Segment Start: PROVIDED INFORMATION

-- ===== src/Util/Decimal/Parse.antt =====
-- What the parsing loop computes: the number that the digits stand for, or overflow exactly where
-- that number is above the limit.
use hc.Base.{
  ℕ, zero, suc, ◌+◌, ◌-◌, ◌*◌, ◌^◌, ◌≤◌, ◌<◌, ◌≡◌, ◌≢◌, refl, arith, List, [], ◌∷◌, ◌++◌, length,
  ltb, if◌then◌else◌, ◌⊎◌, inl,
}
use native.Mathlib.Nat.{add-zero}
use hc.Util.Decimal.{
  Parsed, overflow, stored, store_if, parse_loop, str_to_uint, uint64_max, uint_to_str,
}
use hc.Util.Decimal.Print.{
  value_from, IsDigit, AllDigits, IsDecimal, append_uint_to_str, uint_to_str-IsDecimal,
  length-uint_to_str,
}

-- The text is followed by a byte that is no digit, or it fills `maxChars`.
abbrev pub Ends : List ℕ → ℕ → ℕ → Type 0
Ends [] used max_chars = used ≡ max_chars
Ends (c ∷ rest) used max_chars = ¬ IsDigit c × (c < 256) ⊎ (used ≡ max_chars)

value_from-ge : (acc : ℕ) (text : List ℕ) → acc ≤ value_from acc text
value_from-ge acc [] = omega arith
value_from-ge acc (c ∷ cs) = omega (arith, value_from-ge (acc * 10 + (c - b'0')) cs)

pub Ends-suc :
    (rest : List ℕ) (used max_chars : ℕ)
    → Ends rest (suc used) (suc max_chars)
    → Ends rest used max_chars
Ends-suc [] used max_chars h = omega arith
Ends-suc (c ∷ rest) used max_chars h = ground arith

module _ {A : Type 0} (max_number : ℕ) (finish : ℕ → ℕ → Parsed A) where
  parse_loop-end :
      (rest : List ℕ) (left i result : ℕ)
      → Ends rest 0 left
      → parse_loop max_number finish rest left i result ≡ finish i result
  unfolding parse_loop
  parse_loop-end [] zero i r h = refl
  parse_loop-end [] (suc left) i r h = absurd (omega arith)
  parse_loop-end (c ∷ rest) zero i r h = refl
  parse_loop-end (c ∷ rest) (suc left) i r h = ground arith

  pub parse_loop_lem :
      (text rest : List ℕ) (left i result : ℕ)
      → 9 < max_number
      → max_number < 2 ^ 64
      → result ≤ max_number
      → AllDigits text
      → length text ≤ left
      → Ends rest (length text) left
      → parse_loop max_number finish (text ++ rest) left i result ≡ (
          if ltb max_number (value_from result text)
          then overflow
          else finish (i + length text) (value_from result text))
  unfolding parse_loop
  parse_loop_lem [] rest left i r m mm hr d l e =
      ground (arith, parse_loop-end rest left i r e, add-zero i)
  parse_loop_lem (c ∷ cs) rest zero i r m mm hr d l e = absurd (omega arith)
  parse_loop_lem (c ∷ cs) rest (suc left) i r m mm hr d l e = ground (
    arith,
    Ends-suc rest (length cs) left e,
    value_from-ge (r * 10 + (c - b'0')) cs,
    parse_loop_lem cs rest left (i + 1) (r * 10 + (c - b'0')) m mm,
  )

-- What `util_strToUint` returns for a text of digits that ends inside the `maxChars` first bytes:
-- -1 exactly where the number that the text stands for is above 2 ^ 64 - 1, 0 with nothing stored
-- for no digits, and otherwise the count of digits with that number stored.
pub str_to_uint_lem :
    (text rest : List ℕ) (max_chars : ℕ)
    → AllDigits text
    → length text ≤ max_chars
    → Ends rest (length text) max_chars
    → str_to_uint (text ++ rest) max_chars ≡ (
        if ltb uint64_max (value_from 0 text)
        then overflow
        else store_if (ltb 0 (length text)) (length text) (value_from 0 text))
unfolding str_to_uint
str_to_uint_lem text rest max_chars d l e = ground (
  arith,
  parse_loop_lem uint64_max (λ i result. store_if (ltb 0 i) i result) text rest max_chars 0 0,
)

pub length-pos : (text : List ℕ) → text ≢ [] → 0 < length text
length-pos [] h = absurd (h refl)
length-pos (c ∷ cs) h = omega arith

-- What `util_uintToStr` writes for a `uint64_t`, `util_strToUint` reads back, with its count of
-- characters, if at least 20 characters are allowed and what follows is no digit.
pub str_to_uint-uint_to_str :
    (n max_chars c : ℕ) (rest : List ℕ)
    → n < 2 ^ 64
    → 20 ≤ max_chars
    → ¬ IsDigit c
    → c < 256
    → str_to_uint (uint_to_str (c ∷ rest) n) max_chars ≡ stored (length (uint_to_str [] n)) n
str_to_uint-uint_to_str n max_chars c rest h m nd b =
    let t = uint_to_str [] n in
    let d : IsDecimal n t = uint_to_str-IsDecimal n h in
    rw
      (
        append_uint_to_str n (c ∷ rest),
        str_to_uint_lem t (c ∷ rest) max_chars d.all_digits (omega (arith, length-uint_to_str n))
            (inl (nd, b)),
        d.value,
      )
      (ground (arith, length-pos t d.not_empty))
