-- ===== src/Util/Decimal/Signed.antt =====
-- Signed numbers: `util_intToStr` and `util_strToInt`.
use hc.Base.{
  ℕ, zero, suc, ◌+◌, ◌-◌, ◌%◌, ◌^◌, ◌≤◌, ◌<◌, ◌≡◌, ◌≢◌, refl, arith, List, [], ◌∷◌, ◌++◌, length,
  ltb, if◌then◌else◌, ℤ, pos, negsuc, sub_ℕ, IsInt64, ap,
}
use hc.Util.Decimal.{
  overflow, stored, store_if, str_to_int, with_sign, int64_max, uint_to_str, int_to_str,
  digits_onto,
}
use hc.Util.Decimal.Print.{
  value_from, IsDigit, AllDigits, IsDecimal, append_uint_to_str, uint_to_str-IsDecimal,
  length-uint_to_str, length-uint_to_str_signed,
}
use hc.Util.Decimal.Parse.{Ends, Ends-suc, parse_loop_lem, length-pos}

-- -n, as an integer.
abbrev pub minus : ℕ → ℤ
minus n = sub_ℕ 0 n

with_sign_zero : (n : ℕ) → n ≤ int64_max → with_sign 0 n ≡ pos n
with_sign_zero n h = ground arith

with_sign_one : (n : ℕ) → n ≤ int64_max + 1 → with_sign 1 n ≡ minus n
with_sign_one n h = ground arith

-- After a minus sign, a text of digits gives the negated number, or overflow above 2 ^ 63.
pub str_to_int_negative :
    (text rest : List ℕ) (max_chars : ℕ)
    → AllDigits text
    → text ≢ []
    → length text ≤ max_chars
    → Ends rest (length text) max_chars
    → str_to_int (b'-' ∷ (text ++ rest)) (suc max_chars) ≡ (
        if ltb (2 ^ 63) (value_from 0 text)
        then overflow
        else stored (1 + length text) (minus (value_from 0 text)))
unfolding str_to_int
str_to_int_negative text rest max_chars d ne l e = ground (
  arith,
  length-pos text ne,
  with_sign_one (value_from 0 text),
  parse_loop_lem (int64_max + 1) (λ i result. store_if (ltb 1 i) i (with_sign 1 result)) text rest
      max_chars 1 0,
)

-- With no sign in front, a text of digits gives its number, or overflow above 2 ^ 63 - 1.
pub str_to_int_positive :
    (c : ℕ) (text rest : List ℕ) (max_chars : ℕ)
    → AllDigits (c ∷ text)
    → length text ≤ max_chars
    → Ends rest (suc (length text)) (suc max_chars)
    → str_to_int (c ∷ (text ++ rest)) (suc max_chars) ≡ (
        if ltb int64_max (value_from 0 (c ∷ text))
        then overflow
        else stored (suc (length text)) (pos (value_from 0 (c ∷ text))))
unfolding str_to_int
str_to_int_positive c text rest max_chars d l e = ground (
  arith,
  with_sign_zero (value_from 0 (c ∷ text)),
  parse_loop_lem (int64_max + 0) (λ i result. store_if (ltb 0 i) i (with_sign 0 result)) (c ∷ text)
      rest (suc max_chars) 0 0,
)

int_to_str_pos : (n : ℕ) (rest : List ℕ) → int_to_str rest (pos n) ≡ uint_to_str rest n
unfolding int_to_str uint_to_str
int_to_str_pos n rest = refl

int_to_str_negsuc :
    (n : ℕ) (rest : List ℕ)
    → n < 2 ^ 63
    → int_to_str rest (negsuc n) ≡ b'-' ∷ uint_to_str rest (suc n)
unfolding int_to_str uint_to_str
int_to_str_negsuc n rest h =
    let e : (2 ^ 64 - (2 ^ 64 - suc n)) % 2 ^ 64 ≡ suc n = omega arith in
    ap (λ m. b'-' ∷ digits_onto 20 m rest) e

-- `str_to_int_positive` over the whole text.
str_to_int_digits :
    (text rest : List ℕ) (max_chars : ℕ)
    → text ≢ []
    → AllDigits text
    → value_from 0 text ≤ int64_max
    → length text ≤ max_chars
    → Ends rest (length text) max_chars
    → str_to_int (text ++ rest) max_chars ≡ stored (length text) (pos (value_from 0 text))
str_to_int_digits [] rest max_chars ne d v l e = absurd (ne refl)
str_to_int_digits (c ∷ text) rest zero ne d v l e = absurd (omega arith)
str_to_int_digits (c ∷ text) rest (suc max_chars) ne d v l e =
    ground (arith, str_to_int_positive c text rest max_chars d)

str_to_int-minus :
    (text rest : List ℕ) (max_chars : ℕ)
    → text ≢ []
    → AllDigits text
    → value_from 0 text ≤ int64_max + 1
    → suc (length text) ≤ max_chars
    → Ends rest (suc (length text)) max_chars
    → str_to_int (b'-' ∷ (text ++ rest)) max_chars
      ≡ stored (suc (length text)) (minus (value_from 0 text))
str_to_int-minus text rest zero ne d v l e = absurd (omega arith)
str_to_int-minus text rest (suc max_chars) ne d v l e =
    ground (arith, Ends-suc rest (length text) max_chars, str_to_int_negative text rest max_chars d)

-- What `util_intToStr` writes for an `int64_t`, `util_strToInt` reads back.
pub str_to_int-int_to_str :
    (z : ℤ) (max_chars c : ℕ) (rest : List ℕ)
    → IsInt64 z
    → 20 ≤ max_chars
    → ¬ IsDigit c
    → c < 256
    → str_to_int (int_to_str (c ∷ rest) z) max_chars ≡ stored (length (int_to_str [] z)) z
str_to_int-int_to_str (pos n) max_chars c rest h m nd b =
    let t = uint_to_str [] n in
    let d : IsDecimal n t = uint_to_str-IsDecimal n (omega arith) in
    rw (int_to_str_pos n (c ∷ rest), int_to_str_pos n [], append_uint_to_str n (c ∷ rest))
      (ground (
        arith,
        length-uint_to_str n,
        str_to_int_digits t (c ∷ rest) max_chars d.not_empty d.all_digits,
      ))
str_to_int-int_to_str (negsuc n) max_chars c rest h m nd b =
    let t = uint_to_str [] (suc n) in
    let d : IsDecimal (suc n) t = uint_to_str-IsDecimal (suc n) (omega arith) in
    rw
      (
        int_to_str_negsuc n (c ∷ rest) h,
        int_to_str_negsuc n [] h,
        append_uint_to_str (suc n) (c ∷ rest),
      )
      (ground (
        arith,
        length-uint_to_str_signed (suc n),
        str_to_int-minus t (c ∷ rest) max_chars d.not_empty d.all_digits,
      ))
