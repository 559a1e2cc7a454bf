-- ===== src/Util/Decimal/Tests.antt =====
-- Runs of the printing and parsing functions, and the theorems at concrete inputs.
use hc.Base.{ℕ, ◌-◌, ◌≤◌, ◌^◌, ◌≡◌, refl, arith, List, [], ◌∷◌, ◌++◌, pos, negsuc, inl, length}
use hc.Util.Decimal.{
  fault, overflow, nothing, stored, uint_to_str, int_to_str, str_to_uint, str_to_int,
}
use hc.Util.Decimal.Print.{IsDecimal, uint_to_str_lem}
use hc.Util.Decimal.Parse.{str_to_uint_lem, str_to_uint-uint_to_str}
use hc.Util.Decimal.Signed.{str_to_int-int_to_str}

-- "18446744073709551615"
abbrev max_text : List ℕ
max_text = uint_to_str [] (2 ^ 64 - 1)

print_runs :
    (uint_to_str (10 ∷ []) 1203 ≡ b'1' ∷ b'2' ∷ b'0' ∷ b'3' ∷ 10 ∷ [])
    × (int_to_str [] (negsuc 6) ≡ b'-' ∷ b'7' ∷ [])
    × (int_to_str [] (pos 0) ≡ b'0' ∷ [])
unfolding uint_to_str int_to_str
print_runs = (refl, refl, refl)

uint_to_str_lem_example :
    (text : List ℕ) × (uint_to_str (0 ∷ []) 1203 ≡ text ++ 0 ∷ [])
    × IsDecimal 1203 text
    × (length text ≤ 20)
uint_to_str_lem_example = uint_to_str_lem 1203 (0 ∷ []) (omega arith)

str_to_uint_lem_example : str_to_uint (b'4' ∷ b'2' ∷ b'.' ∷ []) 5 ≡ stored 2 42
str_to_uint_lem_example =
    str_to_uint_lem (b'4' ∷ b'2' ∷ []) (b'.' ∷ []) 5 (omega arith) (omega arith) (inl (omega arith))

str_to_uint-uint_to_str_example :
    str_to_uint (uint_to_str (0 ∷ []) 1203) 20 ≡ stored (length (uint_to_str [] 1203)) 1203
str_to_uint-uint_to_str_example =
    str_to_uint-uint_to_str 1203 20 0 [] (omega arith) (omega arith) (λ h. omega arith)
      (omega arith)

str_to_int-int_to_str_example :
    str_to_int (int_to_str (10 ∷ []) (negsuc 41)) 20
    ≡ stored (length (int_to_str [] (negsuc 41))) (negsuc 41)
str_to_int-int_to_str_example =
    str_to_int-int_to_str (negsuc 41) 20 10 [] (omega arith) (omega arith) (λ h. omega arith)
      (omega arith)

-- One above the largest `uint64_t` overflows, and a text with no digits stores nothing.
parse_runs :
    (str_to_uint
        (b'1' ∷ b'8' ∷ b'4' ∷ b'4' ∷ b'6' ∷ b'7' ∷ b'4' ∷ b'4' ∷ b'0' ∷ b'7' ∷ b'3' ∷ b'7' ∷ b'0'
          ∷ b'9' ∷ b'5' ∷ b'5' ∷ b'1' ∷ b'6' ∷ b'1' ∷ b'6' ∷ [])
        20
      ≡ overflow)
    × (str_to_uint (b'x' ∷ []) 1 ≡ nothing)
    × (str_to_uint (b'7' ∷ []) 2 ≡ fault)
    × (str_to_int (b'-' ∷ []) 1 ≡ nothing)
unfolding str_to_uint str_to_int
parse_runs = (refl, refl, refl, refl)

Segment End: PROVIDED INFORMATION

**WORK REQUIRED**:
In the listing above, transcribe exactly everything from the line containing "ground (arith, parse_loop-end" down to the line containing "value_from-ge (r *", including both and nothing more.

**WRITTEN RESPONSE**:
      ground (arith, parse_loop-end rest left i r e, add-zero i)
  parse_loop_lem (c ∷ cs) rest zero i r m mm hr d l e = absurd (omega arith)
  parse_loop_lem (c ∷ cs) rest (suc left) i r m mm hr d l e = ground (
    arith,
    Ends-suc rest (length cs) left e,
    value_from-ge (r * 10 + (c - b'0')) cs,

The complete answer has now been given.